Quand on regarde l’ensemble de vos œuvres, on voit qu’elles s’interrogent toutes sur la question du temps. Love Hina se focalise sur le quotidien, UQ Holder sur l’immortalité… Quelle est la portée de cette thématique dans l’ensemble de votre œuvre ?

Le rapport au temps est une chose à laquelle je suis attaché, notamment autour des œuvres du passé. Je tiens d’ailleurs un site sur des titres qui ne sont plus édités, j’apprécie particulièrement le sentiment qu’on éprouve en redécouvrant une œuvre que l’on a connue dans le temps.


On voit donc que vous êtes attaché au passé, aussi quels conseils auriez-vous à donner au jeune Ken Akamatsu si vous pouviez remonter dans le temps ?

Je le préviendrai d’abord au sujet des adaptations animées, qu’il fasse bien attention qu’elles soient fidèles à l’œuvre originale. (rires)

Au sujet des techniques de dessin sur les personnages féminins, je lui dirais qu’au lieu d’attendre de voir quelles demoiselles auront du succès auprès des lecteurs, il doit les anticiper dès le départ pour mieux les travailler.


Vos œuvres ont des décors extrêmement travaillés, cela se ressent notamment sur Negima où vous parlez de leur réalisation à travers les pages bonus. Quelle charge de travail représente la construction de tous ces éléments ?

Depuis Negima, j’utilise des logiciels de modélisation en 3D avec un rendu dessin qui me permettent de créer des décors précis. J’ai un assistant dédié à cette tâche, il se spécialise dans cette modélisation 3D. Mon assistant œuvre d’ailleurs encore sur UQ Holder.

Sur Love Hina, je travaillais plutôt sur photographies.



Love Hina et Negima ont importé le genre harem en France, êtes-vous conscient d’en être un pionnier ?

On retrouvait déjà ce principe de harem dans le jeu vidéo. Mais il est effectivement possible que ce soit moi qui ai commencé à faire passer ce concept dans le manga.


Pourquoi avoir choisi le genre du harem pour Love Hina et Negima ?

C’est en fait mon équipe éditoriale qui m’a incité à créer une œuvre qui compte beaucoup de personnages féminins. Tous trouvaient que j’étais doué dans cet aspect d’une série.
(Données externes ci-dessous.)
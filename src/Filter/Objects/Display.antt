-- ===== src/Filter/Objects/Display.antt =====
-- src/filter/api.rs: the texts of the objects of a script (`__str__`, `__repr__`), and the parts of a
-- `Uri`. `uuid_text` prints an id; `UriParts` is what the crate `http` takes out of a URI.
use mini_proxad.Prelude.{
  ℕ, Option, none, some, [], ◌++◌, Bytes, codes, decimal, length, Result, ok, foreign, ◌>>=◌, ok_or,
  unwrap_or,
}
use mini_proxad.Http.{HttpCrate, Request, Response}
use mini_proxad.Http.Extract.{PyHttpResp, PyHttpReq}
use mini_proxad.Filter.{PyRawFlow, PyHttpFlow}
use mini_proxad.Filter.Objects.{PyUri}

-- `.map(f).or_else(|| message.map(g)).unwrap_or(0)`.
abbrev pub either_length : {A M : Type 0} → Option A → (A → ℕ) → Option M → (M → ℕ) → ℕ
either_length (some a) f m g = f a
either_length none f (some m) g = g m
either_length none f none g = 0

unfoldable pub raw_flow_str : {U T : Type 0} → (U → Bytes) → PyRawFlow U T → Bytes
raw_flow_str uuid_text flow = codes "RawFlow(id=" ++ (uuid_text flow.id ++ codes ")")

unfoldable pub http_flow_str : {U T : Type 0} → (U → Bytes) → PyHttpFlow U T → Bytes
http_flow_str uuid_text flow = codes "HttpFlow(id=" ++ (uuid_text flow.id ++ codes ")")

-- What both texts end with.
abbrev lengths : ℕ → ℕ → Bytes
lengths headers_len body_len =
    codes ", headers.len="
    ++ (decimal headers_len ++ (codes ", body.len=" ++ (decimal body_len ++ codes ")")))

module _ (w : HttpCrate) where
  unfoldable pub resp_str : PyHttpResp w → Bytes
  resp_str ob =
      let headers_len =
        either_length ob.headers length ob.resp
          (λ (r : Response w). length (w.entries r.headers)) in
      let body_len = either_length ob.body length ob.resp (λ (r : Response w). length r.body) in
      let status = either_length ob.status (λ s. s) ob.resp (λ (r : Response w). r.status) in
      codes "HttpResp(status=" ++ (decimal status ++ lengths headers_len body_len)

  -- `none` inside: the method is no text, or there is neither a method nor a request.
  unfoldable pub method_of : PyHttpReq w → Option Bytes
  method_of ob = elim ob.method [
    | some method ↦ method
    | none ↦ elim ob.req [ some req ↦ some (w.method_text req.method) | none ↦ none ]
  ]

  unfoldable pub uri_of : PyHttpReq w → Option Bytes
  uri_of ob = elim ob.uri [
    | some uri ↦ some (w.uri_text uri)
    | none ↦ elim ob.req [ some req ↦ some (w.uri_text req.uri) | none ↦ none ]
  ]

  unfoldable pub req_str : PyHttpReq w → Bytes
  req_str ob =
      let headers_len =
        either_length ob.headers length ob.req (λ (r : Request w). length (w.entries r.headers)) in
      let body_len = either_length ob.body length ob.req (λ (r : Request w). length r.body) in
      codes "HttpReq(method="
      ++ (unwrap_or (method_of ob) (codes "<invalid>")
          ++ (codes ", uri="
              ++ (unwrap_or (uri_of ob) (codes "<invalid>") ++ lengths headers_len body_len)))

  pub record UriParts : Type 0 where
    pub parse : Bytes → Option w.Uri
    pub path_and_query : w.Uri → Option Bytes
    pub scheme_str : w.Uri → Option Bytes
    pub authority : w.Uri → Option Bytes
    pub host : w.Uri → Option Bytes
    pub port : w.Uri → Option ℕ
    pub path : w.Uri → Bytes
    pub query : w.Uri → Option Bytes

  unfoldable pub new_py_uri : w.Uri → PyUri w
  new_py_uri uri = record { uri = uri; params = none }

  unfoldable pub py_new_uri : UriParts → Bytes → Result (PyUri w)
  py_new_uri parts raw = ok_or (parts.parse raw) foreign >>= λ uri. ok (new_py_uri uri)

  unfoldable pub uri_repr : UriParts → PyUri w → Bytes
  uri_repr parts ob =
      codes "Uri(" ++ (unwrap_or (parts.path_and_query ob.uri) (parts.path ob.uri) ++ codes ")")

  unfoldable pub uri_raw : PyUri w → Bytes
  uri_raw ob = w.uri_text ob.uri

  unfoldable pub uri_query : UriParts → PyUri w → Bytes
  uri_query parts ob = unwrap_or (parts.query ob.uri) []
Negima démarre à la manière de Love Hina puisque les débuts sont beaucoup centrés sur le harem avant de partir sur de l’action dantesque à base de tournois et d’affrontements. Pourquoi avoir attendu tant de temps avant d’instaurer des thèmes si sérieux et d’appuyer l’univers fantastique de la série ?
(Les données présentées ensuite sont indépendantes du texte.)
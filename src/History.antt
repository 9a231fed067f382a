-- ===== src/History.antt =====
-- src/flow/history.rs: what the proxy records of a raw and of an HTTP flow.
pub mod Raw
pub mod Http
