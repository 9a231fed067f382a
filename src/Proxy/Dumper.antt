-- ===== src/Proxy/Dumper.antt =====
-- src/proxy/dumper.rs: a recorded flow written to a pcap file as a TCP conversation.
pub mod Start
pub mod Packet
pub mod Conversation
pub mod Transcript
pub mod Segments
pub mod Pieces
pub mod Files
pub mod Payloads
pub mod Messages
pub mod Rotation
pub mod Slices
pub mod Course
Cette évolution tient énormément de la manière de créer le manga. Quand on est sur de la comédie sentimentale, on fait un travail chapitre par chapitre, ce qui est long et fastidieux. C’est à l’inverse de l’histoire de combat qui est plus simple en termes d’écriture.

Sur Negima, j’ai voulu démarrer par une écriture au chapitre, avec de la comédie sentimentale. Mais je suis arrivé à un stade de fatigue qui m’a poussé à m’orienter vers le récit de combat qui est plus simple, c’est de là que vient cette évolution. A ma connaissance, il n’existe pas de comédie sentimentale qui s’étale sur beaucoup plus d’une vingtaine de volumes tant ce genre est fastidieux.
  


Dans toutes vos œuvres on retrouve un duo masculin-féminin qui évolue de manière intéressante, ce qui a commencé avec Ai Non-Stop, pour changer dans UQ Holder qui présente moins de couples. Est-ce une démarche voulue ?
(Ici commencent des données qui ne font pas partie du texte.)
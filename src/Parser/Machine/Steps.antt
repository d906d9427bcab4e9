-- ===== src/Parser/Machine/Steps.antt =====
-- One round of the loop of `parse_incoming_data`, on a parser that waits for more bytes.
use grizol.Prelude.{
  ℕ, ◌-◌, ◌≤◌, ◌<◌, min, ◌≡◌, refl, ap, ◌∙◌, subst, Option, none, some, List, [], ◌∷◌, ◌++◌, length,
  length-append, take, arith, inl, inr,
}
use grizol.Prelude.Outcome.{Outcome, ok, err, panic, diverge, ◌>>=◌}
use grizol.Prelude.Bytes.{Bytes}
use grizol.Proto.{Header}
use grizol.Parser.Incoming.{
  Decoders, ParseError, BepAuthStatus, pre_hello, post_hello, IncomingMessage, new_message,
  add_data, missing_header_bytes, missing_message_bytes,
}
use grizol.Parser.Decode.{CompleteMessage, decode, decode-ne-waiting}
use grizol.Parser.Target.{
  missing_message_bytes_post, length-le-target, target, target_of, IsLoaded, IsWaiting,
  status-IsLoaded, target-append, add_data_short, add_data_again, add_data_full,
}
use grizol.Parser.Machine.{BepDataParser, populate, take_complete}

abbrev pub ValidAt : BepAuthStatus → Option IncomingMessage → Type 0
ValidAt s none = Unit
ValidAt s (some im) = (im.auth_status ≡ s) × (1 ≤ length im.data_bytes) × IsWaiting im

-- Between two rounds the parser holds no message, or one that has bytes and lacks bytes.
abbrev pub IsValid : BepDataParser → Type 0
IsValid p = ValidAt p.bep_auth_status p.incoming_message

abbrev pub current_of : BepAuthStatus → Option IncomingMessage → IncomingMessage
current_of s none = new_message s
current_of s (some im) = im

-- The message that the next bytes belong to.
abbrev pub current : BepDataParser → IncomingMessage
current p = current_of p.bep_auth_status p.incoming_message

-- How many bytes the parser asks for next.
abbrev pub need : BepDataParser → ℕ
need p = target (current p) - length (current p).data_bytes

new-IsWaiting : (s : BepAuthStatus) → IsWaiting (new_message s)
new-IsWaiting pre_hello = omega arith
new-IsWaiting post_hello = omega arith

current-IsWaiting_at :
    (s : BepAuthStatus) (o : Option IncomingMessage) → ValidAt s o → IsWaiting (current_of s o)
current-IsWaiting_at s none v = new-IsWaiting s
current-IsWaiting_at s (some im) v = v.2

pub current-IsWaiting : (p : BepDataParser) → IsValid p → IsWaiting (current p)
current-IsWaiting p v = current-IsWaiting_at p.bep_auth_status p.incoming_message v

current_status_at :
    (s : BepAuthStatus) (o : Option IncomingMessage)
    → ValidAt s o
    → (current_of s o).auth_status ≡ s
current_status_at s none v = refl
current_status_at s (some im) v = v.0

module _ (decoders : Decoders) where
  abbrev populated :
      BepAuthStatus
      → Option IncomingMessage
      → IncomingMessage
      → Bytes
      → ℕ
      → Outcome ParseError (ℕ × BepDataParser)
  populated s o im buf n = add_data decoders im (take n buf) >>= λ im'.
      ok (n, record { bep_auth_status = s; incoming_message = some im' })

  populate-some :
      (a : BepAuthStatus) (h : Option Header) (d : Bytes) (buf : Bytes)
      → 1 ≤ length d
      → IsWaiting (record { auth_status = a; data_bytes = d; header = h })
      → 1 ≤ length buf
      → populate decoders
          (record {
            bep_auth_status = a;
            incoming_message = some (record { auth_status = a; data_bytes = d; header = h });
          })
          buf
        ≡ populated a
            (some (record { auth_status = a; data_bytes = d; header = h }))
            (record { auth_status = a; data_bytes = d; header = h })
            buf
            (min (length buf) (target_of a h d - length d))
  unfolding populate missing_header_bytes
  populate-some pre_hello none d buf ne w b = unfold missing_message_bytes in ground arith
  populate-some pre_hello (some h) d buf ne w b = absurd w.0
  populate-some post_hello none d buf ne w b = ground arith
  populate-some post_hello (some h) d buf ne w b =
      rw (missing_message_bytes_post h d w.0) (ground arith)

  populate-none :
      (s : BepAuthStatus) (buf : Bytes)
      → 1 ≤ length buf
      → populate decoders (record { bep_auth_status = s; incoming_message = none }) buf
        ≡ populated s none
            (new_message s)
            buf
            (min (length buf) (need (record { bep_auth_status = s; incoming_message = none })))
  unfolding populate
  populate-none pre_hello buf b = ground arith
  populate-none post_hello buf b = ground arith

  populate_at_need :
      (s : BepAuthStatus) (o : Option IncomingMessage) (buf : Bytes)
      → ValidAt s o
      → 1 ≤ length buf
      → populate decoders (record { bep_auth_status = s; incoming_message = o }) buf
        ≡ populated s o
            (current_of s o)
            buf
            (min (length buf) (need (record { bep_auth_status = s; incoming_message = o })))
  populate_at_need s none buf v b = populate-none s buf b
  populate_at_need s (some im) buf v b =
      subst
        (λ a.
          populate decoders (record { bep_auth_status = a; incoming_message = some im }) buf
          ≡ populated a (some im) im buf (min (length buf) (target im - length im.data_bytes)))
        v.0 (populate-some im.auth_status im.header im.data_bytes buf v.1 v.2 b)

  -- A round adds as many bytes as the parser needs, or all that there are.
  pub populate_lem :
      (p : BepDataParser) (buf : Bytes)
      → IsValid p
      → 1 ≤ length buf
      → populate decoders p buf ≡ (
          add_data decoders (current p) (take (min (length buf) (need p)) buf) >>= λ im.
          ok (min (length buf) (need p), record p { incoming_message = some im }))
  populate_lem p buf v b = populate_at_need p.bep_auth_status p.incoming_message buf v b

  -- `xs` go into the current message, which is decoded if that completes it.
  abbrev pub step :
      BepDataParser → Bytes → Outcome ParseError (BepDataParser × List CompleteMessage)
  step p xs = add_data decoders (current p) xs >>= λ im.
      take_complete decoders (record p { incoming_message = some im })

  pub take_complete_waiting :
      (p : BepDataParser) (im : IncomingMessage)
      → IsWaiting im
      → take_complete decoders (record p { incoming_message = some im })
        ≡ ok (record p { incoming_message = some im }, [])
  unfolding take_complete
  take_complete_waiting p im w = rw (status-IsLoaded im w.0) (ground arith)

  -- The parser after `xs`, where they do not reach the target.
  abbrev pub extended : BepDataParser → Bytes → BepDataParser
  extended p xs =
      let im = current p in
      record p { incoming_message = some (record im { data_bytes = im.data_bytes ++ xs }) }

  target-extended :
      (p : BepDataParser) (xs : Bytes)
      → IsValid p
      → length xs < need p
      → target (current (extended p xs)) ≡ target (current p)
  target-extended p xs v m =
      let im = current p in
      target-append im.auth_status im.header im.data_bytes xs (current-IsWaiting p v).0
        (omega arith)

  extended-IsWaiting :
      (p : BepDataParser) (xs : Bytes)
      → IsValid p
      → length xs < need p
      → IsWaiting (current (extended p xs))
  extended-IsWaiting p xs v m =
      let w = current-IsWaiting p v in
      let short = add_data_short decoders (current p) xs w (omega arith) in
      (
        (add_data_full decoders (current p) xs w (omega arith) short).0,
        rw (target-extended p xs v m) (omega (arith, length-append (current p).data_bytes xs)),
      )

  pub extended-IsValid :
      (p : BepDataParser) (xs : Bytes)
      → IsValid p
      → 1 ≤ length xs
      → length xs < need p
      → IsValid (extended p xs)
  extended-IsValid p xs v b m = (
    current_status_at p.bep_auth_status p.incoming_message v,
    omega (arith, length-append (current p).data_bytes xs),
    extended-IsWaiting p xs v m,
  )

  pub need-extended :
      (p : BepDataParser) (xs : Bytes)
      → IsValid p
      → length xs < need p
      → need (extended p xs) ≡ need p - length xs
  need-extended p xs v m =
      omega (arith, target-extended p xs v m, length-append (current p).data_bytes xs)

  -- Bytes that do not reach the target are kept, and give no message.
  pub step_short :
      (p : BepDataParser) (xs : Bytes)
      → IsValid p
      → length xs < need p
      → step p xs ≡ ok (extended p xs, [])
  step_short p xs v m =
      rw (add_data_short decoders (current p) xs (current-IsWaiting p v) (omega arith))
        (take_complete_waiting p (current (extended p xs)) (extended-IsWaiting p xs v m))

  pub step_again : (p : BepDataParser) (xs ys : Bytes) → step (extended p xs) ys ≡ step p (xs ++ ys)
  step_again p xs ys =
      ap (λ m. m >>= λ im. take_complete decoders (record p { incoming_message = some im }))
        (add_data_again decoders (current p) xs ys)

  take_complete_full :
      (p q : BepDataParser) (im : IncomingMessage) (ms : List CompleteMessage)
      → IsLoaded im
      → length im.data_bytes ≡ target im
      → take_complete decoders (record p { incoming_message = some im }) ≡ ok (q, ms)
      → IsValid q
  unfolding take_complete
  take_complete_full p q im ms l f e =
      ground (arith, status-IsLoaded {E = ParseError} im l, decode-ne-waiting decoders im)

  -- A complete message leaves the parser, which is after the hello then.
  pub take_complete_decoded :
      (p : BepDataParser) (im : IncomingMessage) {m : CompleteMessage}
      → IsLoaded im
      → length im.data_bytes ≡ target im
      → decode decoders im ≡ ok m
      → take_complete decoders (record p { incoming_message = some im })
        ≡ ok (record { bep_auth_status = post_hello; incoming_message = none }, m ∷ [])
  unfolding take_complete
  take_complete_decoded p im l f e = ground (arith, status-IsLoaded {E = ParseError} im l)

  take_complete-IsValid :
      (p q : BepDataParser) (im : IncomingMessage) (ms : List CompleteMessage)
      → IsLoaded im
      → im.auth_status ≡ p.bep_auth_status
      → 1 ≤ length im.data_bytes
      → take_complete decoders (record p { incoming_message = some im }) ≡ ok (q, ms)
      → IsValid q
  take_complete-IsValid p q im ms l a b e = elim (length-le-target im l) [
    | inl full ↦ take_complete_full p q im ms l full e
    | inr less ↦ ground (arith, take_complete_waiting p im (l, less))
  ]

  step-IsValid_from :
      (p q : BepDataParser) (xs : Bytes) (ms : List CompleteMessage)
      (r : Outcome ParseError IncomingMessage)
      → IsValid p
      → 1 ≤ length xs
      → length xs ≤ need p
      → add_data decoders (current p) xs ≡ r
      → (r >>= λ im. take_complete decoders (record p { incoming_message = some im })) ≡ ok (q, ms)
      → IsValid q
  step-IsValid_from p q xs ms (ok im) v b m e f =
      let (l, d, a) =
        add_data_full decoders (current p) xs (current-IsWaiting p v) (omega arith) e in
      take_complete-IsValid p q im ms l
        (a ∙ current_status_at p.bep_auth_status p.incoming_message v)
        (rw d (omega (arith, length-append (current p).data_bytes xs))) f
  step-IsValid_from p q xs ms (err x) v b m e f = absurd (cc)
  step-IsValid_from p q xs ms panic v b m e f = absurd (cc)
  step-IsValid_from p q xs ms diverge v b m e f = absurd (cc)

  -- A step of at most the bytes needed leaves a valid parser.
  pub step-IsValid :
      (p q : BepDataParser) (xs : Bytes) (ms : List CompleteMessage)
      → IsValid p
      → 1 ≤ length xs
      → length xs ≤ need p
      → step p xs ≡ ok (q, ms)
      → IsValid q
  step-IsValid p q xs ms v b m e =
      step-IsValid_from p q xs ms (add_data decoders (current p) xs) v b m refl e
J’ai effectivement commencé avec des paires, mais on constate une évolution en termes de nombre dans mes œuvres. Ai Non-Stop dépeint un binôme, mais cela passe à un garçon contre cinq filles dans Love Hina, puis contre trente dans Negima. Il y avait une inflation difficile à assumer, notamment graphiquement. C’est pour ça que j’essaie de partir sur une autre voie dans UQ Holder.


Vous êtes doué pour dessiner de jolies jeunes filles, mais quelles sont vos inspirations ?

Je suis très influencé parce ce que je vois, notamment des personnages et personnalités que j’aime beaucoup. C’est par exemple le cas d’Asuka dans Evangelion, j’ai essayé de créer des personnages qui lui ressemblent comme Naru Narusegawa dans Love Hina.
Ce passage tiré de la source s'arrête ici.